-- Opening Marker --
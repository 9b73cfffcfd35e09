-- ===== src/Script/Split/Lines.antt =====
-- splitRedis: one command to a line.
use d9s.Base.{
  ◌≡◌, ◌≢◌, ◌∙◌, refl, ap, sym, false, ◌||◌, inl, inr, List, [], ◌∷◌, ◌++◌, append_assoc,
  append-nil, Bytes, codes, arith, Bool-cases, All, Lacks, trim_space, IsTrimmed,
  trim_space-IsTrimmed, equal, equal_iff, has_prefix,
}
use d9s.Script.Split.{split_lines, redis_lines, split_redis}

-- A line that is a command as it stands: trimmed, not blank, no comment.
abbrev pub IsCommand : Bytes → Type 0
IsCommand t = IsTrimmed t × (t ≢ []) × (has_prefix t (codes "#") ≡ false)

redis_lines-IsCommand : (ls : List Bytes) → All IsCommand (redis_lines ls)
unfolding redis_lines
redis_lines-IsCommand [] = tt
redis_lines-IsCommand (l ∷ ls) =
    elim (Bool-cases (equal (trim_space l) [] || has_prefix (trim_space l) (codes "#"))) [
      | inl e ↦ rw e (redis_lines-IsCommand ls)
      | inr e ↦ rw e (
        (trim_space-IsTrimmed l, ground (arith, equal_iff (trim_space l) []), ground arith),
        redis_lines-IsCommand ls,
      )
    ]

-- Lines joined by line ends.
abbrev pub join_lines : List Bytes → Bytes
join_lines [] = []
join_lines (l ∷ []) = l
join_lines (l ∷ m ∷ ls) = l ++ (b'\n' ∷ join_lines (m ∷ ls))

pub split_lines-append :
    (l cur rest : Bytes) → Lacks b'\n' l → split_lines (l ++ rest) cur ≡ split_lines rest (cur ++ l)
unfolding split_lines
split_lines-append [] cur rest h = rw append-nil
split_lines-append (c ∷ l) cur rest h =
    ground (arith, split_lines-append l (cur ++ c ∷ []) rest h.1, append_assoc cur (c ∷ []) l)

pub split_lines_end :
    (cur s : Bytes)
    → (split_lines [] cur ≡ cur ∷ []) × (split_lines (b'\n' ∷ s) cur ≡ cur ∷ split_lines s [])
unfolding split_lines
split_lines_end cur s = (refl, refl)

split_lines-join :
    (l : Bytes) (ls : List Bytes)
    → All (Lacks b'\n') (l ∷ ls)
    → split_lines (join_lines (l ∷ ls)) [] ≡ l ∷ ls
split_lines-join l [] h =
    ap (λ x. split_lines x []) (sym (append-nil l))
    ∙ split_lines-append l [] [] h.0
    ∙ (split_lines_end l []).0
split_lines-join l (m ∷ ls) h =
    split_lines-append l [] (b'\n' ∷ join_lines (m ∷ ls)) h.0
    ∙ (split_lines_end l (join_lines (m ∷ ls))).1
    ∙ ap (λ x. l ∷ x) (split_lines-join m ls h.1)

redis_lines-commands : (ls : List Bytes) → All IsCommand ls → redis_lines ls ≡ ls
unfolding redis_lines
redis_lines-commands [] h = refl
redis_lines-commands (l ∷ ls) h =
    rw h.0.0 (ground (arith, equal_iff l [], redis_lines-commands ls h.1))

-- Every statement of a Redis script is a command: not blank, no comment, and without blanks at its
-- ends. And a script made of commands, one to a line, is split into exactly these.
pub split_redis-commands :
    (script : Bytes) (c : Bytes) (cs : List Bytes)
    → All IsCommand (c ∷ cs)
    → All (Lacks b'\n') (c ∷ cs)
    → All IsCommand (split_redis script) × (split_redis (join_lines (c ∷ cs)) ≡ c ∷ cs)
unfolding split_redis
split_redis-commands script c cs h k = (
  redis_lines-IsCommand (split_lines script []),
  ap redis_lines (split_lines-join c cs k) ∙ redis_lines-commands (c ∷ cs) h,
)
-- Closing Marker --
**Task to carry out:**
Output only the lines from the top of the entries through the one holding "inr e ↦ rw e", copied exactly.

**Answer for the task:**
repository 9b73cfffcfd35e09
-- ===== src/Script/Split/Lines.antt =====
-- splitRedis: one command to a line.
use d9s.Base.{
  ◌≡◌, ◌≢◌, ◌∙◌, refl, ap, sym, false, ◌||◌, inl, inr, List, [], ◌∷◌, ◌++◌, append_assoc,
  append-nil, Bytes, codes, arith, Bool-cases, All, Lacks, trim_space, IsTrimmed,
  trim_space-IsTrimmed, equal, equal_iff, has_prefix,
}
use d9s.Script.Split.{split_lines, redis_lines, split_redis}

-- A line that is a command as it stands: trimmed, not blank, no comment.
abbrev pub IsCommand : Bytes → Type 0
IsCommand t = IsTrimmed t × (t ≢ []) × (has_prefix t (codes "#") ≡ false)

redis_lines-IsCommand : (ls : List Bytes) → All IsCommand (redis_lines ls)
unfolding redis_lines
redis_lines-IsCommand [] = tt
redis_lines-IsCommand (l ∷ ls) =
    elim (Bool-cases (equal (trim_space l) [] || has_prefix (trim_space l) (codes "#"))) [
      | inl e ↦ rw e (redis_lines-IsCommand ls)
      | inr e ↦ rw e (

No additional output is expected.